Does anyone have any experience or comments on the construction of Elan yachts? I am considering purchasing a 2004 Elan 37 yacht and it would be good to know about how they are constructed and how they compare to other european yachts. Purpose is primarily for cruising.


----------



## PCP (Dec 1, 2004)

That is a good boat with similar performance to other performance cruisers of that vintage. Fast for a cruising boat. I don't know of any specific problems related with that boat. The Elan 37, as you probably noticed, has a good cruising interior for that type of boat, better than the one of a First 36.7 and similar to the one of a Salona 37 in what regards cruising.

Some information:

http://www.palstek.de/wp-content/uploads/2009/04/Elan_37.pdf

http://www.sail-world.com/Europe/index.cfm?SEID=0&Nid=33946&SRCID=0&ntid=0&tickeruid=0&tickerCID=0

http://www.humphreysdesign.com/767/elan-37/


----------



## MrPelicano (Aug 17, 2012)

PCP said:


> That is a good boat with similar performance to other performance cruisers of that vintage. Fast for a cruising boat. I don't know of any specific problems related with that boat. The Elan 37, as you probably noticed, has a good cruising interior for that type of boat, better than the one of a First 36.7 and similar to the one of a Salona 37 in what regards cruising.

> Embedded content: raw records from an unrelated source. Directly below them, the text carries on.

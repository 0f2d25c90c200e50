-- ===== src/Unified/Guards.antt =====
-- A section of a policy file is never dropped in silence.
use provenex_core.Prelude.{
  ◌≡◌, sym, subst, Bool, true, false, Option, none, some, Result, ok, >>=-eq-ok, ok-injective,
}
use provenex_core.Text.{Text, codes}
use provenex_core.Value.{Value, null, dict, Fields, entries, get}
use provenex_core.Rules.{Runtime}
use provenex_core.Rules.Validate.{refuse_unknown_keys}
use provenex_core.Access.{NativeYamlEvaluator, construct_from_bundle}
use provenex_core.ToolCall.{construct_tool_call}
use provenex_core.Unified.{
  UnifiedPolicy, native_evaluator, native_tool_evaluator, unified_yaml_top_keys, parse_verification,
  require_version_one, section_evaluator, from_bundle,
}

-- The section is there and is not None.
abbrev pub is_set : Option Value → Bool
is_set none = false
is_set (some null) = false
is_set (some v) = true

module _ (r : Runtime) where
  -- The section's evaluator is in the policy.
  abbrev pub Guards :
      {E : Type 0} → Result NativeYamlEvaluator → (NativeYamlEvaluator → E) → Option E → Type 0
  Guards built wrap found = (e : NativeYamlEvaluator) × (built ≡ ok e) × (found ≡ some (wrap e))

  section-Guards :
      {E : Type 0} (o : Option Value) (built : Result NativeYamlEvaluator)
      (wrap : NativeYamlEvaluator → E) {found : Option E}
      → is_set o ≡ true
      → section_evaluator r o built wrap ≡ ok found
      → Guards built wrap found
  unfolding from_bundle
  section-Guards none built wrap s h = absurd (cc s)
  section-Guards (some null) built wrap s h = absurd (cc s)
  section-Guards (some v) built wrap s h =
      let (e, b, k) = >>=-eq-ok built _ h in (e, b, sym (ok-injective k))

  -- A file that loads and has a section of rules that is not None gives a policy with the evaluator
  -- that was built from the section, in each of the two domains.
  pub from_bundle-Guards :
      (source : Text) (fs : Fields) {p : UnifiedPolicy}
      → from_bundle r source (dict fs) ≡ ok p
      → (is_set (get (codes "access_control") fs) ≡ true
          → Guards (construct_from_bundle r source (dict fs)) (native_evaluator r) p.access_control)
        × (is_set (get (codes "tool_call_control") fs) ≡ true
            → Guards
                (construct_tool_call r source (dict fs))
                (native_tool_evaluator r)
                p.tool_call_control)
  unfolding from_bundle
  from_bundle-Guards source fs h =
      let (_, _, h1) = >>=-eq-ok (refuse_unknown_keys r unified_yaml_top_keys (entries fs)) _ h in
      let (_, _, h2) = >>=-eq-ok (require_version_one r (get (codes "version") fs)) _ h1 in
      let (v, _, h3) = >>=-eq-ok (parse_verification r (get (codes "verification") fs)) _ h2 in
      let (a, ea, h4) =
        >>=-eq-ok
          (section_evaluator r (get (codes "access_control") fs)
            (construct_from_bundle r source (dict fs)) (native_evaluator r))
          _ h3 in
      let (t, et, h5) =
        >>=-eq-ok
          (section_evaluator r (get (codes "tool_call_control") fs)
            (construct_tool_call r source (dict fs)) (native_tool_evaluator r))
          _ h4 in
      let p : UnifiedPolicy = record {
        verification = v;
        access_control = a;
        tool_call_control = t;
      } in
      (
        λ s.
            subst
              (λ x.
                Guards (construct_from_bundle r source (dict fs)) (native_evaluator r)
                  x.access_control)
              (ok-injective {a = p} h5) (section-Guards (get (codes "access_control") fs) _ _ s ea),
        λ s.
            subst
              (λ x.
                Guards (construct_tool_call r source (dict fs)) (native_tool_evaluator r)
                  x.tool_call_control)
              (ok-injective {a = p} h5)
              (section-Guards (get (codes "tool_call_control") fs) _ _ s et),
      )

FWIW, I've sailed on a 2004 Elan 40, which is quite similar to the Elan 37, and the boat was very well built and extremely competitive under IRC in San Francisco Bay. I believe it won its IRC class in the Rolex St. Francis YC Big Boat Series at least once, and was regularly at the top. Routinely raced in big breeze (25+ knots) and quite tough. Comfy below, as well... actually, too comfy for me, but that's just a matter of personal taste (I prefer unpainted carbon interiors and minimal furniture  ).

Don't know if that boat ("Tupelo Honey") is on the market, but you might inquire with the owner. It's totally dialed-in and probably has a pretty deep Quantum sail inventory. PM me if you want owner's contact info.


----------